• [WHAT YOU NEED TO DO] In the listing below, locate the line containing "abbrev c_library : CLibrary" and the line containing "Waits 3 4 (run". Output both of them and every line between, exactly as written, and nothing more.

• [PROVIDED ENTRIES]

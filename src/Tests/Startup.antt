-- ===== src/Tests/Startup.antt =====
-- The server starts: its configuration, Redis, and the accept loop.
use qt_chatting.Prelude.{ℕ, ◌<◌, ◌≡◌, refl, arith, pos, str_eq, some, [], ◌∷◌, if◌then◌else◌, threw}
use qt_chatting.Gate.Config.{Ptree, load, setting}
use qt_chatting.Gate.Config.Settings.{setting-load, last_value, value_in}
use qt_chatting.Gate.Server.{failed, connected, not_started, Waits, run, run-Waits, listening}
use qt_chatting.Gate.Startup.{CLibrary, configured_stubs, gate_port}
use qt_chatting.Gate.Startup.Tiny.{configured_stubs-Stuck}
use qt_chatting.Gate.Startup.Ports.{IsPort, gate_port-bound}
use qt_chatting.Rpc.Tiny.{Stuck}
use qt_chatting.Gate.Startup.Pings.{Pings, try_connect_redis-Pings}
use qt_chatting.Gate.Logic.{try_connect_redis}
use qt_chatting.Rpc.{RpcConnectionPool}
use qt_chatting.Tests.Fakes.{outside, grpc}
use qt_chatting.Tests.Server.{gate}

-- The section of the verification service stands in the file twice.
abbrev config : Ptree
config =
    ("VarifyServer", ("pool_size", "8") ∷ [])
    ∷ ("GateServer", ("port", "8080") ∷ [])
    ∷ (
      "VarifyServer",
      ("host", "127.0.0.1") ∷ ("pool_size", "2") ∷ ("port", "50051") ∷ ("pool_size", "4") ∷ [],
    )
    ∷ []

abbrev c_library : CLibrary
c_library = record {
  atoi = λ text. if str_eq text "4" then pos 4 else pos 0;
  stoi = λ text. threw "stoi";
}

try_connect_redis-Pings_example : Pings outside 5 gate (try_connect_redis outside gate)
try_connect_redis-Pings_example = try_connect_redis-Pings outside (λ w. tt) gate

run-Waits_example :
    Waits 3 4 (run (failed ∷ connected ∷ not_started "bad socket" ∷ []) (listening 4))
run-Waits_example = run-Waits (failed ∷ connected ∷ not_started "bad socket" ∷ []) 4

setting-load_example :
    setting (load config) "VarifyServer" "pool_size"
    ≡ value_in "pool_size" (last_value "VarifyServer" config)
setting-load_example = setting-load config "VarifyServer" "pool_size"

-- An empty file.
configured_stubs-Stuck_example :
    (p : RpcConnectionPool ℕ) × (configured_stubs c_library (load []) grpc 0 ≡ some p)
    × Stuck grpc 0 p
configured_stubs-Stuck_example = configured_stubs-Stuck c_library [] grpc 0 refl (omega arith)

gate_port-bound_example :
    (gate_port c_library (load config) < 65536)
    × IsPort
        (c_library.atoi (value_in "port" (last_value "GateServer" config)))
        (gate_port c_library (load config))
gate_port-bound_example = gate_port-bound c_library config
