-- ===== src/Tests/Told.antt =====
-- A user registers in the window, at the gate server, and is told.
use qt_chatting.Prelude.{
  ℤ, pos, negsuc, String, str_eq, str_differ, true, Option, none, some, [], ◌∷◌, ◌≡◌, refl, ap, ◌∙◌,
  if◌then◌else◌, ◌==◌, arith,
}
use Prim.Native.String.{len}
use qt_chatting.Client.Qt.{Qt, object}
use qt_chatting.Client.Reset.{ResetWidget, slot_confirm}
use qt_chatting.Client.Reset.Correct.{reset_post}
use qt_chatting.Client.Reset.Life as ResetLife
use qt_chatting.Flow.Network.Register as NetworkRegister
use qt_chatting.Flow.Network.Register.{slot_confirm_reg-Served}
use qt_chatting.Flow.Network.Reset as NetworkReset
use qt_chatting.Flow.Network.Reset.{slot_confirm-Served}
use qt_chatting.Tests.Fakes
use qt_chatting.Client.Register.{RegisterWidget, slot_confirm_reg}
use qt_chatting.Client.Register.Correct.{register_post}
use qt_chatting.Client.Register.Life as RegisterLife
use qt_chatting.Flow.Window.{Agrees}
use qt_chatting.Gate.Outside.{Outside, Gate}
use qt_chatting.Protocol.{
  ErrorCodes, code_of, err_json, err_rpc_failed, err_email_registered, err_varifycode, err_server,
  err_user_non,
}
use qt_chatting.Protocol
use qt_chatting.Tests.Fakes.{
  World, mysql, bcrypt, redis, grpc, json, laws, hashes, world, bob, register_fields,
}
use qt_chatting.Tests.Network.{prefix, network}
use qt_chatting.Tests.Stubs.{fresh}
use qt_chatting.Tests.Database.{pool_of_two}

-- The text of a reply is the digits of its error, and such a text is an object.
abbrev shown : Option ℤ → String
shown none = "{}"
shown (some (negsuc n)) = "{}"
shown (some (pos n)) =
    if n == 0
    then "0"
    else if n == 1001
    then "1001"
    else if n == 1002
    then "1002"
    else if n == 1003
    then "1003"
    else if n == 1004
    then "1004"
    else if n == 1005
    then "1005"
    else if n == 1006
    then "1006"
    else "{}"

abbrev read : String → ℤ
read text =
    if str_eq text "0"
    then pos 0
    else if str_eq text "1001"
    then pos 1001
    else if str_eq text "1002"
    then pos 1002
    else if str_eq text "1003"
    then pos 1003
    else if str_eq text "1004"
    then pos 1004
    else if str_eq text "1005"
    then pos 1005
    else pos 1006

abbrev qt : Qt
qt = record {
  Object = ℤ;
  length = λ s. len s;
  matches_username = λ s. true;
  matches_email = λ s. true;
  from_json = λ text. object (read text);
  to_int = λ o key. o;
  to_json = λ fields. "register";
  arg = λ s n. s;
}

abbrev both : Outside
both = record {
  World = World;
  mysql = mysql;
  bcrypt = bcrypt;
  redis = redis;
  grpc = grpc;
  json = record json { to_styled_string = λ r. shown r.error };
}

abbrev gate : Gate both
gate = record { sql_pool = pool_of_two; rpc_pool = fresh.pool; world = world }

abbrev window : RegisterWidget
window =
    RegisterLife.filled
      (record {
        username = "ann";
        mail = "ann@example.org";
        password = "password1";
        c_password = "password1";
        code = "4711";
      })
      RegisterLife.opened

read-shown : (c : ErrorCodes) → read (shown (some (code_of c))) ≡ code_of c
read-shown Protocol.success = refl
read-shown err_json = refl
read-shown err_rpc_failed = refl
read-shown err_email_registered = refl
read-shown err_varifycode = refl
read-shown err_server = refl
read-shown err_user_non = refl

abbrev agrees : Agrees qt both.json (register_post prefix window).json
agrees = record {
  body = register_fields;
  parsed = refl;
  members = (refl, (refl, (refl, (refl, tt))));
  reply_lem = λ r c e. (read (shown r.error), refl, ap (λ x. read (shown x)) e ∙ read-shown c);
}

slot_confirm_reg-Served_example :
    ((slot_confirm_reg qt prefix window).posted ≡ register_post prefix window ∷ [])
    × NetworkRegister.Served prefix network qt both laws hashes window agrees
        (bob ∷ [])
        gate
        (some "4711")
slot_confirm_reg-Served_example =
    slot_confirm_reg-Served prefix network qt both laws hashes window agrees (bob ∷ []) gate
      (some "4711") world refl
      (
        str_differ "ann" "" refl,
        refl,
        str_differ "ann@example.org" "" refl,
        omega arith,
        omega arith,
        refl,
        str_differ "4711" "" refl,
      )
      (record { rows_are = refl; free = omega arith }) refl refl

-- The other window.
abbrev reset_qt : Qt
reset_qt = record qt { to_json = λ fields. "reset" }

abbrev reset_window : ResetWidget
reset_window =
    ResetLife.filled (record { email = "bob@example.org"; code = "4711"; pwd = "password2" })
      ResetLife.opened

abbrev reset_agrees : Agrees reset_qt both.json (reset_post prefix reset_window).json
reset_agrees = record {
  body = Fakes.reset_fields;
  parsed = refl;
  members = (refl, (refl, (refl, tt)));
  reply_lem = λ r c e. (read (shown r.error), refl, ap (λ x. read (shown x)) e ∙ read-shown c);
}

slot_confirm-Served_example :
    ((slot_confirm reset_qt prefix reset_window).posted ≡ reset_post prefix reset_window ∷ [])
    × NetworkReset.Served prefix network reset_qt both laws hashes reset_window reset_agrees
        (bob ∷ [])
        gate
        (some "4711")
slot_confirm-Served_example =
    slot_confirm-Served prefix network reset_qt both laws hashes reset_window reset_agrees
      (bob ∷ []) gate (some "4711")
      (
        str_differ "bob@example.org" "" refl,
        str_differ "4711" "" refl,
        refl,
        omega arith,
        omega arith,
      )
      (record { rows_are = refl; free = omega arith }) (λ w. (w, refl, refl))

• [REPLY]
abbrev c_library : CLibrary
c_library = record {
  atoi = λ text. if str_eq text "4" then pos 4 else pos 0;
  stoi = λ text. threw "stoi";
}

try_connect_redis-Pings_example : Pings outside 5 gate (try_connect_redis outside gate)
try_connect_redis-Pings_example = try_connect_redis-Pings outside (λ w. tt) gate

run-Waits_example :
    Waits 3 4 (run (failed ∷ connected ∷ not_started "bad socket" ∷ []) (listening 4))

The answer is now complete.